- Problem to work on -
Please write out, exactly as they appear, the line containing "unfolding run_walker" and every line after it to the end of the records, and nothing more.
<<<<
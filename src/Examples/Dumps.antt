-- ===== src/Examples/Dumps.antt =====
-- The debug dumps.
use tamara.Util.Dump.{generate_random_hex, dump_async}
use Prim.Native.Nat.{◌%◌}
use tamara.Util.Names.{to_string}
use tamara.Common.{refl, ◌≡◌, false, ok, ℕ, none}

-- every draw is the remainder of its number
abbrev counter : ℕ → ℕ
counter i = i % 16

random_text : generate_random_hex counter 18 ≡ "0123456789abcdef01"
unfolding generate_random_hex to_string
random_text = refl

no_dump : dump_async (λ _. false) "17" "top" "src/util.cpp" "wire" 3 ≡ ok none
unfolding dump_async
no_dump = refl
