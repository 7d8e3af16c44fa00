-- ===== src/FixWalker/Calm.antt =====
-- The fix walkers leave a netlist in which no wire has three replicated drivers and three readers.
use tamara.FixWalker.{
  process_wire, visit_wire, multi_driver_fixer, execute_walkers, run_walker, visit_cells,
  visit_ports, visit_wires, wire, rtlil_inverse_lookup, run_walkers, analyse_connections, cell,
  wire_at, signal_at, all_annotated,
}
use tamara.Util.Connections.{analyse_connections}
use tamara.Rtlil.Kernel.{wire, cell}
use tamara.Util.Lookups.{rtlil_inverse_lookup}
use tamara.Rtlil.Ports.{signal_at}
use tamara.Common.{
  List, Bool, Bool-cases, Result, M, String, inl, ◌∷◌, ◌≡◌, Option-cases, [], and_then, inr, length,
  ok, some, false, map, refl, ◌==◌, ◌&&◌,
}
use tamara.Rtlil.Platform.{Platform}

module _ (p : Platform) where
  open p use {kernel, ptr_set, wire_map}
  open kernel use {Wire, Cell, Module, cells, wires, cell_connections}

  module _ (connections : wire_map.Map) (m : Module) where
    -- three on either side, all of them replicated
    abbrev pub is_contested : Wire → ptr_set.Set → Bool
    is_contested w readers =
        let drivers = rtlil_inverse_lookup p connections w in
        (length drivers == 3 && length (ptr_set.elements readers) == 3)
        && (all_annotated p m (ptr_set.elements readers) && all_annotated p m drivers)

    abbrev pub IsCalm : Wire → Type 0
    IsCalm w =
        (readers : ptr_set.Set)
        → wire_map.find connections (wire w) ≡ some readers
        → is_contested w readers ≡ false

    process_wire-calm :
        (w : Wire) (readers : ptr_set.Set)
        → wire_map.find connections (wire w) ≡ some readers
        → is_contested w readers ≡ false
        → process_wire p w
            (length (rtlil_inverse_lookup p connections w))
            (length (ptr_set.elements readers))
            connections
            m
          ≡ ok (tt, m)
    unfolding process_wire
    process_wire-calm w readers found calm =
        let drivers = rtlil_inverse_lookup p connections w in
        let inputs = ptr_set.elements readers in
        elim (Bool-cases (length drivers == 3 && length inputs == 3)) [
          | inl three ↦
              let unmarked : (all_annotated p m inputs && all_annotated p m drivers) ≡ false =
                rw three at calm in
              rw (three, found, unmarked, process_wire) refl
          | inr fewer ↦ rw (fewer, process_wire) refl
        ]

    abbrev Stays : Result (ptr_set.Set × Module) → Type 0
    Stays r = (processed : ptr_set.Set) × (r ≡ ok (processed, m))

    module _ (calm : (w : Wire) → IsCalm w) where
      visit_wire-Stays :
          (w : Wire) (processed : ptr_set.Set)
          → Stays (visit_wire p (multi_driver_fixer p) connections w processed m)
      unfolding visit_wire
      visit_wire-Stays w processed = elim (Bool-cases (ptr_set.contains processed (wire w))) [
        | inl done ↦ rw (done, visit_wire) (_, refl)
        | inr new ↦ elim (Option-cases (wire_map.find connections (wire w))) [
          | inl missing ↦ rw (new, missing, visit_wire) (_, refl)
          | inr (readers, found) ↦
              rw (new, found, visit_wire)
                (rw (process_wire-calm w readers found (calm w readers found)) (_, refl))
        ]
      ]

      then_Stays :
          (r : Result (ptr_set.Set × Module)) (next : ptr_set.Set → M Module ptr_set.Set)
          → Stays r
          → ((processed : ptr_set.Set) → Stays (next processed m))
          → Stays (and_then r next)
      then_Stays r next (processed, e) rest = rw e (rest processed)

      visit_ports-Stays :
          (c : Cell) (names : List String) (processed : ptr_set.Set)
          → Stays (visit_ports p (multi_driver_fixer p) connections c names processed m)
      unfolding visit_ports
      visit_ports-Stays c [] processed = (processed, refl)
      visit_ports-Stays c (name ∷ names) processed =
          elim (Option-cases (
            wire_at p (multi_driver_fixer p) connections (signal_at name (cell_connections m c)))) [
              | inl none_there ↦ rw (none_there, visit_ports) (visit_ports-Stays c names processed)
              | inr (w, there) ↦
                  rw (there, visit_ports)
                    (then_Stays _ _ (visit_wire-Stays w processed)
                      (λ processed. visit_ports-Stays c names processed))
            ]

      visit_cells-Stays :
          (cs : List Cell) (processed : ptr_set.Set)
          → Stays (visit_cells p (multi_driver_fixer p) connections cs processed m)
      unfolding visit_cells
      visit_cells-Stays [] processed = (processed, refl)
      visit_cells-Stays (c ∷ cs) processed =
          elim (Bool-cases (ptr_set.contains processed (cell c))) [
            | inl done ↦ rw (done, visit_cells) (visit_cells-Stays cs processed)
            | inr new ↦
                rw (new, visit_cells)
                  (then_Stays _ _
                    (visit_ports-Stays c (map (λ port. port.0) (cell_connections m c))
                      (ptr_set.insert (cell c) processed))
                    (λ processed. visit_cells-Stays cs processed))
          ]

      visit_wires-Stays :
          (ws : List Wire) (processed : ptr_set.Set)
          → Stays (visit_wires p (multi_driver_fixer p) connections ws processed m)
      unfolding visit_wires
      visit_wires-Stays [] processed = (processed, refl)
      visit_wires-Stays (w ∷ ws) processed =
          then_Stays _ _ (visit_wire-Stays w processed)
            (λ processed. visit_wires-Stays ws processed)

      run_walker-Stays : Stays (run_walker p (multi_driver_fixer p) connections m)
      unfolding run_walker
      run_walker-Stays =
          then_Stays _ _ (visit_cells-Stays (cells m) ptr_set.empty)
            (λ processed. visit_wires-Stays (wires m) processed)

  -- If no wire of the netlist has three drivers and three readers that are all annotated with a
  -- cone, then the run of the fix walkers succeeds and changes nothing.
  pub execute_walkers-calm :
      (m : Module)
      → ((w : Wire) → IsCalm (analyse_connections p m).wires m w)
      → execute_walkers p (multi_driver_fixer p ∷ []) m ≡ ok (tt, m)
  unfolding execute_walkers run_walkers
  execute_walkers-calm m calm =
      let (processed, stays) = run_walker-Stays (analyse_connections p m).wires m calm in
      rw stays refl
>>>>
- Written reply -
      unfolding run_walker
      run_walker-Stays =
          then_Stays _ _ (visit_cells-Stays (cells m) ptr_set.empty)
            (λ processed. visit_wires-Stays (wires m) processed)

  -- If no wire of the netlist has three drivers and three readers that are all annotated with a
  -- cone, then the run of the fix walkers succeeds and changes nothing.
  pub execute_walkers-calm :
      (m : Module)
      → ((w : Wire) → IsCalm (analyse_connections p m).wires m w)
      → execute_walkers p (multi_driver_fixer p ∷ []) m ≡ ok (tt, m)
  unfolding execute_walkers run_walkers
  execute_walkers-calm m calm =
      let (processed, stays) = run_walker-Stays (analyse_connections p m).wires m calm in
      rw stays refl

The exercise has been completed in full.